Reactions: Like 3 | Way Cool 3


----------



## Tclem (Jun 9, 2014)

Another good score

Reactions: Thank You! 1


----------



## NYWoodturner (Jun 9, 2014)

Wow Robert - That along with that wood will keep you busy for a while!

Reactions: Thank You! 1


----------



## robert flynt (Jun 9, 2014)

NYWoodturner said:


> Wow Robert - That along with that wood will keep you busy for a while!

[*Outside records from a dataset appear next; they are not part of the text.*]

-- ===== src/Text/Lines.antt =====
-- Texts of one line, and how `splitlines` undoes a join by newlines.
use terraformer.Base.{
  ℕ, ◌≡◌, ◌≢◌, refl, ap, ◌∙◌, false, List, [], ◌∷◌, ◌++◌, append-nil, append_assoc, arith, All,
  All-concat, Bool, Bool-cases, inl, inr, ◌&&◌, ◌==◌, true, sym, subst,
}
use terraformer.Text.{Text, codes, is_break, is_space, emit, join, lines_from, splitlines}

-- No character of the text ends a line.
abbrev pub IsLine : Text → Type 0
IsLine = All (λ c. is_break c ≡ false)

-- A text that stands for one line of a batch: it is not empty and ends no line.
abbrev pub IsCommand : Text → Type 0
IsCommand s = (s ≢ []) × IsLine s

abbrev pub newline : Text
newline = codes "\n"

pub is_break-is_space : (c : ℕ) → is_space c ≡ false → is_break c ≡ false
unfolding is_break is_space
is_break-is_space c h = ground arith

append-cons : (line : Text) (c : ℕ) (s : Text) → (line ++ c ∷ []) ++ s ≡ line ++ (c ∷ s)
append-cons line c s = append_assoc line (c ∷ []) s

lines_from-step :
    (line : Text) (c : ℕ) (s : Text)
    → is_break c ≡ false
    → lines_from false line (c ∷ s) ≡ lines_from false (line ++ c ∷ []) s
unfolding lines_from
lines_from-step line c s h = rw (h, lines_from)

lines_from_last : (line s : Text) → IsLine s → lines_from false line s ≡ emit (line ++ s) []
unfolding lines_from
lines_from_last line [] h = rw append-nil
lines_from_last line (c ∷ s) h =
    lines_from-step line c s h.0
    ∙ lines_from_last (line ++ c ∷ []) s h.1
    ∙ ap (λ l. emit l []) (append-cons line c s)

lines_from_more :
    (line s rest : Text)
    → IsLine s
    → lines_from false line (s ++ 10 ∷ rest) ≡ (line ++ s) ∷ lines_from false [] rest
unfolding lines_from is_break
lines_from_more line [] rest h = rw append-nil
lines_from_more line (c ∷ s) rest h =
    lines_from-step line c (s ++ 10 ∷ rest) h.0
    ∙ lines_from_more (line ++ c ∷ []) s rest h.1
    ∙ ap (λ l. l ∷ lines_from false [] rest) (append-cons line c s)

emit_ne : (s : Text) → s ≢ [] → emit s [] ≡ s ∷ []
emit_ne [] h = absurd (h refl)
emit_ne (c ∷ s) h = refl

-- A batch of commands joined by newlines is split back into the same commands.
pub splitlines-join : (ws : List Text) → All IsCommand ws → splitlines (join newline ws) ≡ ws
unfolding splitlines join
splitlines-join [] h = refl
splitlines-join (w ∷ []) h = lines_from_last [] w h.0.1 ∙ emit_ne w h.0.0
splitlines-join (w ∷ v ∷ ws) h =
    lines_from_more [] w (join newline (v ∷ ws)) h.0.1
    ∙ ap (λ l. w ∷ l) (splitlines-join (v ∷ ws) h.1)

lines_from-after_cr :
    (cr : Bool) (line : Text) (c : ℕ) (s : Text)
    → (cr && c == 10) ≡ true
    → lines_from cr line (c ∷ s) ≡ lines_from false line s
unfolding lines_from
lines_from-after_cr cr line c s e = rw (lines_from, e) refl

lines_from-break :
    (cr : Bool) (line : Text) (c : ℕ) (s : Text)
    → (cr && c == 10) ≡ false
    → is_break c ≡ true
    → lines_from cr line (c ∷ s) ≡ line ∷ lines_from (c == 13) [] s
unfolding lines_from
lines_from-break cr line c s e b = rw (lines_from, e, b) refl

lines_from-inside :
    (cr : Bool) (line : Text) (c : ℕ) (s : Text)
    → (cr && c == 10) ≡ false
    → is_break c ≡ false
    → lines_from cr line (c ∷ s) ≡ lines_from false (line ++ c ∷ []) s
unfolding lines_from
lines_from-inside cr line c s e b = rw (lines_from, e, b) refl

lines_from-All : (cr : Bool) (line s : Text) → IsLine line → All IsLine (lines_from cr line s)
unfolding lines_from
lines_from-All cr [] [] h = tt
lines_from-All cr (c ∷ line) [] h = (h, tt)
lines_from-All cr line (c ∷ s) h = elim (Bool-cases (cr && c == 10)) [
  | inl e ↦
      subst (All IsLine) (sym (lines_from-after_cr cr line c s e)) (lines_from-All false line s h)
  | inr e ↦ elim (Bool-cases (is_break c)) [
    | inl b ↦
        subst (All IsLine) (sym (lines_from-break cr line c s e b))
          (h, lines_from-All (c == 13) [] s tt)
    | inr b ↦
        subst (All IsLine) (sym (lines_from-inside cr line c s e b)) (
          lines_from-All false (line ++ c ∷ []) s (All-concat (λ d. is_break d ≡ false) line c h b))
  ]
]

-- Each line of a text is a single line.
pub splitlines-IsLine : (s : Text) → All IsLine (splitlines s)
unfolding splitlines
splitlines-IsLine s = lines_from-All false [] s tt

Yes it will probably last me a long time but when you find a good deal you haft to jump on it because prices are going up so rapidly. Stag has doubled in a short period of time and I feel mammoth ivory will soar when the new rules on the other ivorys go into effect.

Reactions: Agree 3


----------



## Foot Patrol (Jun 9, 2014)

Robert nice haul there. Can't wait to see what you will make. Hope you post them up here.


----------



## robert flynt (Jun 9, 2014)

Foot Patrol said:


> Robert nice haul there. Can't wait to see what you will make. Hope you post them up here.


Will do.

Reactions: Thank You! 1


----------



## ironman123 (Jun 9, 2014)

OK Robert, make some knives to show this stuff off.

Ray


----------



## robert flynt (Jun 9, 2014)

ironman123 said:


> OK Robert, make some knives to show this stuff off.
> 
> Ray


Would like to but have some orders I've got to work on.


----------



## HomeBody (Jun 10, 2014)

I read where there are an estimated 250 million wooly mammoths frozen in the ice in Siberia. That's 500 million tusks from an extinct animal. What possible reason would they have for regulating mammoth ivory? I think it's simply "because they can". Gary


----------



## robert flynt (Jun 10, 2014)

HomeBody said:


> I read where there are an estimated 250 million wooly mammoths frozen in the ice in Siberia. That's 500 million tusks from an extinct animal. What possible reason would they have for regulating mammoth ivory? I think it's simply "because they can". Gary


I think they want be as much problem with the bark ivory like I purchased that why I stayed away from the the inner layers. The bark ivory is easily identified as mamoth ivory and the German suppliers I purchased it from has a paper trail from Siberia to me. The NRA and knife right people has banded together to stall the government ruling, so we can get organized enough to fight it (this caugh everyone by supprise). These new government rules are going to do sever harm to a lot of people, from collectors to people who have old piano needing repair. The fine, if caught dealing in antique or any ivory without the documentation (almost impossible to obtain) the government requires will bankrupt the average person. If you any ivory you will have to keep it or destroy it there will no commerce in it in any form. Everyone needs to think about all old antiques that have ivory in them. Custom official say there is no new ivory entering this country and they are a part of our government! GO FIGURE!!!!!!!!!!!!!!

Reactions: Agree 1


----------